Moonrise Kingdom, Cannes Film Festival - review

Wes Anderson offers a charming and beautifully filmed parable of young love
1/4
17 May 2012

Opening the proceedings at Cannes is not always a privilege. Often the festival selects a film that has a good reason to be out of the competition.

This year, however, Wes Anderson’s Moonrise Kingdom not only opens the 65th festival but is also in the contest.

It is the first of his seven features to reach Cannes, despite his fame as an unusually original American director (The Royal Tenenbaums, Fantastic

Mr Fox etc), and is a charming and beautifully filmed if rather lightweight fable about pre-teen love.

Set on an island off the coast of New England in the summer of 1965, its two lovers are Jared Gilman’s Sam and Kara Hayward’s Susie. He is a Scout at Camp Ivanhoe and during one breakfast time Edward Norton’s disciplinarian troop leader finds him missing from his tent. He leaves behind a polite letter of resignation and it appears he has a secret pact with Susie, also aged 12, to run away into the wilderness.

Everyone on the island is highly shocked and starts quarrelling about the disappearance and their part in it. But then, they decide, Sam is an orphan with foster parents who don’t really like him very much and is thought to be psychologically damaged in some way.

As for the girl, her parents (Bill Murray and Frances McDormand) seem to be hiding some sort of secret which Tilda Swinton, brought in as the island’s social services representative in a ludricous uniform and hat, tries to fathom.
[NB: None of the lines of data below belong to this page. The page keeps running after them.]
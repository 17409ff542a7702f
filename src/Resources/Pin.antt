-- ===== src/Resources/Pin.antt =====
-- resources/pin.py. A callback is a number, as in the client's lists.
use Prim.Native.String.{String}
use teensy_io.Base.{ℕ, ◌==◌, bit_or, Bool, true, false, not, Option, some, List, [], ◌∷◌}
use teensy_io.Base.Int.{ℤ, pos}
use teensy_io.Protocol.Commands.{CommandId, ResourceKind, kind_code}
use teensy_io.Protocol.Errors.{Error, Result, ok, err}
use teensy_io.Protocol.Exec.{Exec, pure, gets, lift, modify, ◌>>=◌, ◌>>◌}
use teensy_io.Resources.{Io, Held, on_io, bytes_of, lookup, required}

pub record Pin : Type 0 where
  pub physical_pin : Option ℤ

abbrev pub pull_codes : List (String × ℕ)
pull_codes =
    ("floating", 0) ∷ ("none", 0) ∷ ("up", 1) ∷ ("pullup", 1) ∷ ("down", 2) ∷ ("pulldown", 2) ∷ []

abbrev edge_flags : List (String × ℕ)
edge_flags = ("rising", 0x02) ∷ ("falling", 0x04) ∷ ("both", 0x06) ∷ []

-- `int(value)` of a Boolean
abbrev pub flag : Bool → ℤ
flag true = pos 1
flag false = pos 0

-- `bool(response[0])`
unfoldable pub first_bit : List ℕ → Result Bool
first_bit [] = err Error.index_error
first_bit (b ∷ bs) = ok (not (b == 0))

module _ {S : Type 0} (io : Io S) where
  -- `initial` is what `int(initial)` gives, or raises.
  unfoldable pub configure_output : ℤ → Result ℤ → Exec (Held Pin S) (Unit {0})
  configure_output physical_pin initial = do
    modify (λ h. record h { self = record { physical_pin = some physical_pin } })
    level ← lift initial
    payload ← lift (bytes_of (physical_pin ∷ level ∷ []))
    on_io (io.command CommandId.config_digital_output payload true)
    pure tt

  -- `pull` is the key for the display of codes, or what the search for it raises.
  unfoldable pub configure_input : ℤ → Result String → Exec (Held Pin S) (Unit {0})
  configure_input physical_pin pull = do
    modify (λ h. record h { self = record { physical_pin = some physical_pin } })
    key ← lift pull
    pull_code ← lift (lookup key pull_codes)
    payload ← lift (bytes_of (physical_pin ∷ pos pull_code ∷ []))
    on_io (io.command CommandId.config_digital_input payload true)
    pure tt

  unfoldable pub read : Exec (Held Pin S) Bool
  unfolding first_bit
  read = do
    checked ← gets (λ h. required h.self.physical_pin)
    pin ← lift checked
    payload ← lift (bytes_of (pin ∷ []))
    response ← on_io (io.command CommandId.digital_read payload true)
    lift (first_bit response)

  unfoldable pub write : Bool → Exec (Held Pin S) (Unit {0})
  write value = do
    checked ← gets (λ h. required h.self.physical_pin)
    pin ← lift checked
    payload ← lift (bytes_of (pin ∷ flag value ∷ []))
    on_io (io.command CommandId.digital_write payload true)
    pure tt

  unfoldable pub on_edge : String → ℕ → Exec (Held Pin S) (Unit {0})
  on_edge edge callback = do
    checked ← gets (λ h. required h.self.physical_pin)
    pin ← lift checked
    on_io (io.add_edge_callback pin callback)
    flags ← lift (lookup edge edge_flags)
    payload ← lift (
        bytes_of
          (pos (kind_code ResourceKind.digital) ∷ pin ∷ pos 0 ∷ pos 0 ∷ pos (bit_or 1 flags) ∷ []))
    on_io (io.command CommandId.subscribe payload true)
    pure tt
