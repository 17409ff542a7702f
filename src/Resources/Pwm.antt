-- ===== src/Resources/Pwm.antt =====
-- resources/pwm.py, and `_u8_duty`. The duty is a float.
use teensy_io.Base.{
  ℕ, zero, suc, Bool, ◌≡◌, refl, arith, ◌≤◌, ◌<◌, ◌^◌, ◌||◌, Option, some, [], ◌∷◌, ◌++◌, true,
  false, if◌then◌else◌,
}
use teensy_io.Base.Floats.{Float, below_zero, above_one, scale, scale-le}
use teensy_io.Base.Int.{ℤ, pos}
use teensy_io.Protocol.Commands.{CommandId}
use teensy_io.Protocol.Errors.{Error, Result, ok, err}
use teensy_io.Protocol.Exec.{Exec, pure, gets, lift, modify, ◌>>=◌, ◌>>◌}
use teensy_io.Resources.{Io, Held, on_io, bytes_of, required, pack_u32}

pub record PwmOutput : Type 0 where
  pub physical_pin : Option ℤ

-- `value < 0.0 or value > 1.0` is a `ValueError`, and so is `round` of what is no number. What is left
-- is scaled: `int(round(value * factor))`.
unfoldable pub scaled_unit : ℕ → Float → Result ℕ
unfolding below_zero above_one scale
scaled_unit factor Float.nan = err Error.value_error
scaled_unit factor (Float.infinite negative) = err Error.value_error
scaled_unit factor (Float.finite negative m k) =
    if below_zero (Float.finite negative m k) || above_one (Float.finite negative m k)
    then err Error.value_error
    else ok (scale factor m k)

-- `_u8_duty`
unfoldable pub u8_duty : Float → Result ℕ
unfolding scaled_unit
u8_duty duty = scaled_unit 255 duty

module _ {S : Type 0} (io : Io S) where
  unfoldable pub configure : ℤ → ℤ → Float → Exec (Held PwmOutput S) (Unit {0})
  unfolding u8_duty
  configure physical_pin frequency initial_duty = do
    modify (λ h. record h { self = record { physical_pin = some physical_pin } })
    front ← lift (bytes_of (physical_pin ∷ []))
    packed ← lift (pack_u32 frequency)
    duty ← lift (u8_duty initial_duty)
    on_io (io.command CommandId.config_pwm (front ++ (packed ++ duty ∷ [])) true)
    pure tt

  unfoldable pub write : Float → Exec (Held PwmOutput S) (Unit {0})
  unfolding u8_duty
  write duty = do
    checked ← gets (λ h. required h.self.physical_pin)
    pin ← lift checked
    level ← lift (u8_duty duty)
    payload ← lift (bytes_of (pin ∷ pos level ∷ []))
    on_io (io.command CommandId.pwm_write payload true)
    pure tt

  unfoldable pub disable : Exec (Held PwmOutput S) (Unit {0})
  disable = do
    checked ← gets (λ h. required h.self.physical_pin)
    pin ← lift checked
    payload ← lift (bytes_of (pin ∷ []))
    on_io (io.command CommandId.pwm_disable payload true)
    pure tt

module _ {S : Type 0} (io : Io S) (pin : ℕ) (s : S) where
  abbrev configured : Held PwmOutput S
  configured = record { self = record { physical_pin = some (pos pin) }; io = s }

  abbrev Refused : Float → Type 0
  Refused duty = write io duty configured ≡ (err Error.value_error, configured)

  -- `write` of a configured output sends a duty between 0 and 1 as one byte, the duty times 255 as
  -- doubles have it, rounded to the nearest whole number. It refuses every other duty with
  -- `ValueError`, infinities and what is no number included: then nothing is sent and nothing changes.
  pub pwm_write-duty :
      pin < 256
      → ((m k : ℕ)
          → m ≤ 2 ^ k
          → (scale 255 m k ≤ 255)
            × (write io (Float.finite false m k) configured
                ≡ (on_io (io.command CommandId.pwm_write (pin ∷ scale 255 m k ∷ []) true)
                      >> pure tt)
                    configured))
        × ((m k : ℕ) → 2 ^ k < m → Refused (Float.finite false m k))
        × ((m k : ℕ) → Refused (Float.finite true (suc m) k))
        × ((negative : Bool) → Refused (Float.infinite negative))
        × Refused Float.nan
  unfolding write bytes_of u8_duty
  pwm_write-duty h = (
    (λ m k inside.
        let fits = scale-le 255 m k (omega arith) inside in
        (fits, rw (accepted m k inside) (ground arith))),
    (λ m k outside. rw (too_large m k outside) refl),
    (λ m k. refl),
    (λ negative. refl),
    refl,
  )
    where
      accepted : (m k : ℕ) → m ≤ 2 ^ k → u8_duty (Float.finite false m k) ≡ ok (scale 255 m k)
      accepted zero k inside = ground arith
      accepted (suc m) k inside = ground arith

      too_large : (m k : ℕ) → 2 ^ k < m → u8_duty (Float.finite false m k) ≡ err Error.value_error
      too_large zero k outside = absurd (omega arith)
      too_large (suc m) k outside = ground arith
There is also Bruce Willis as the sheriff, who says most runaways are found in six days and not to worry. But troop leader Norton does worry and sends his boys out into the bush armed and ready to recapture the pair.

However, when an arrow is fired, it only kills the sniffer dog and the lovers escape, apparently with the collusion of some of the chasing boys. In the end, the film develops into a kind of parable about the purity of young love and the way, in adulthood, it all seems to go wrong.

One of the chief pleasures of the movie is the Benjamin Britten music, which constantly emphasises that this is no ordinary entertainment but one with more delicacy than Hollywood could aspire to.

This is an adult film about children rather than a children’s film, per se. Youngsters should, however, love it and their parents be pleased they’ve seen it too. Very rare, that.